Eu alcancei o papel da carta ao lado da taça de vinho de Lorenzo e li, mais uma vez. As letras bem grandes, agora, despontavam aos meus olhos. Lorenzo era muito bom com poucas palavras.
Tirei meu celular da bolsa, acessei minhas fotos e mostrei para ele.
— Qual delas sou eu? – perguntei mostrando uma fotografia em que eu, Mare e Sole estávamos abraçados e sorrindo, em close.
Lorenzo olhou com cuidado e levantou seu rosto para mim. Recostou-se, apoiou seu braço direito nas costas da cadeira, buscando o melhor ângulo do corpo para me desenhar com suas pupilas, protegidas por lentes grossas em uma armação redonda, que enfeitavam ainda mais seu rosto.
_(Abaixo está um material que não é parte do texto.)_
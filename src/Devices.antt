-- ===== src/Devices.antt =====
-- internal/infrastructure/persistence/device_manager.go: the device repository. The queries that the
-- relay makes of it are in the module of the relay.
mod Tests
pub mod Service
pub mod Registry
pub mod Revocation
pub mod Runs
pub mod Revoked
use neo_nect_server.Base.{
  ℕ, Bool, true, false, not, ◌&&◌, Option, none, some, String, List, [], ◌∷◌, ◌++◌, ltb, ◌==◌,
  nat_eq, string_eq, Bytes, if◌then◌else◌, any, find, filter, count, update, map,
}
use neo_nect_server.Error.{
  Error, Result, ok, err, no_rows, unique_violation, foreign_key_violation, device_conflict,
  device_limit_reached,
}
use neo_nect_server.Db.{
  DeviceRow, DeviceStatus, Tables, Db, pure, raise, ◌>>=◌, attempt, statement, transaction,
}
use neo_nect_server.Friends.{has_user}
use neo_nect_server.Relay.{is_active}

abbrev pub is_device : String → DeviceRow → Bool
is_device device_id d = d.device_id == device_id

abbrev pub is_of : ℕ → DeviceRow → Bool
is_of uid d = d.user_id == uid

-- `Queries.CreateDevice` under the constraints of its table: the rows affected
unfoldable pub insert_device : ℕ → String → Bytes → ℕ → Tables → Result (ℕ × Tables)
insert_device uid device_id public_key max_devices t =
    if not (ltb (count (is_of uid) t.devices) max_devices)
    then ok (0, t)
    else if any (is_device device_id) t.devices
    then err unique_violation
    else if not (has_user uid t)
    then err foreign_key_violation
    else ok (
      1,
      record t {
        devices =
            t.devices
            ++ (record {
              device_id = device_id;
              user_id = uid;
              identity_key = public_key;
              status = DeviceStatus.active;
            }
                ∷ []);
      },
    )

unfoldable pub unique_to_conflict : Error → Error
unique_to_conflict unique_violation = device_conflict
unique_to_conflict e = e

-- after the INSERT
unfoldable pub device_created : Result ℕ → Db (Unit {0})
unfolding unique_to_conflict
device_created (err e) = raise (unique_to_conflict e)
device_created (ok affected) = if affected == 0 then raise device_limit_reached else pure tt

unfoldable pub register_device : ℕ → String → Bytes → ℕ → Db (Unit {0})
unfolding device_created insert_device
register_device uid device_id public_key max_devices = transaction (do
  inserted ← attempt (statement (insert_device uid device_id public_key max_devices))
  device_created inserted)

unfoldable pub is_device_owned_by_user : ℕ → String → Db Bool
is_device_owned_by_user uid device_id =
    statement (λ t. ok (any (λ d. is_device device_id d && is_of uid d) t.devices, t))

-- `Queries.GetDevicePublicKey`
unfoldable pub select_public_key : String → Tables → Result (Bytes × Tables)
select_public_key device_id t = elim (find (λ d. is_device device_id d && is_active d) t.devices) [
  | none ↦ err no_rows
  | some d ↦ ok (d.identity_key, t)
]

unfoldable pub get_device_public_key : String → Db Bytes
unfolding select_public_key
get_device_public_key device_id = statement (select_public_key device_id)

pub record DeviceKey : Type 0 where
  pub device_id : String
  pub public_key : Bytes

unfoldable pub get_devices_and_keys_by_user : ℕ → Db (List DeviceKey)
get_devices_and_keys_by_user uid = statement (λ t. ok (
  map (λ d. record { device_id = d.device_id; public_key = d.identity_key })
      (filter (λ d. is_of uid d && is_active d) t.devices),
  t,
))

abbrev pub is_revocable : ℕ → String → DeviceRow → Bool
is_revocable uid device_id d = is_device device_id d && is_of uid d && is_active d

abbrev pub revoke : DeviceRow → DeviceRow
revoke d = record d { status = DeviceStatus.revoked }

unfoldable pub delete_device : ℕ → String → Db (Unit {0})
delete_device uid device_id =
    statement
      (λ t. ok (tt, record t { devices = update (is_revocable uid device_id) revoke t.devices }))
— Você é a que está aqui, saboreando vinho branco comigo, a que vê poesia em uma carta, e que beija com o sabor louco, sem pudor, de uma deusa.
A essa altura, banhados pelo vinho, e pela luz da lua que iluminava nossa pequena mesa, não precisávamos materializar palavras, somente os sussurros de prazer causados pelo sabor afrodisíaco de nossos beijos.
Voltei para Roma após as minhas férias. Mas antes de ir, ajudei Lorenzo a colocar um grande quadro, com formato de envelope de carta, do outro lado da porta da casa 24 na Via Picciani, com as palavras:

“Saudações de Cagliari,

Entre as cores da Via Picciani, onde cada passo transforma Luna em pura poesia.”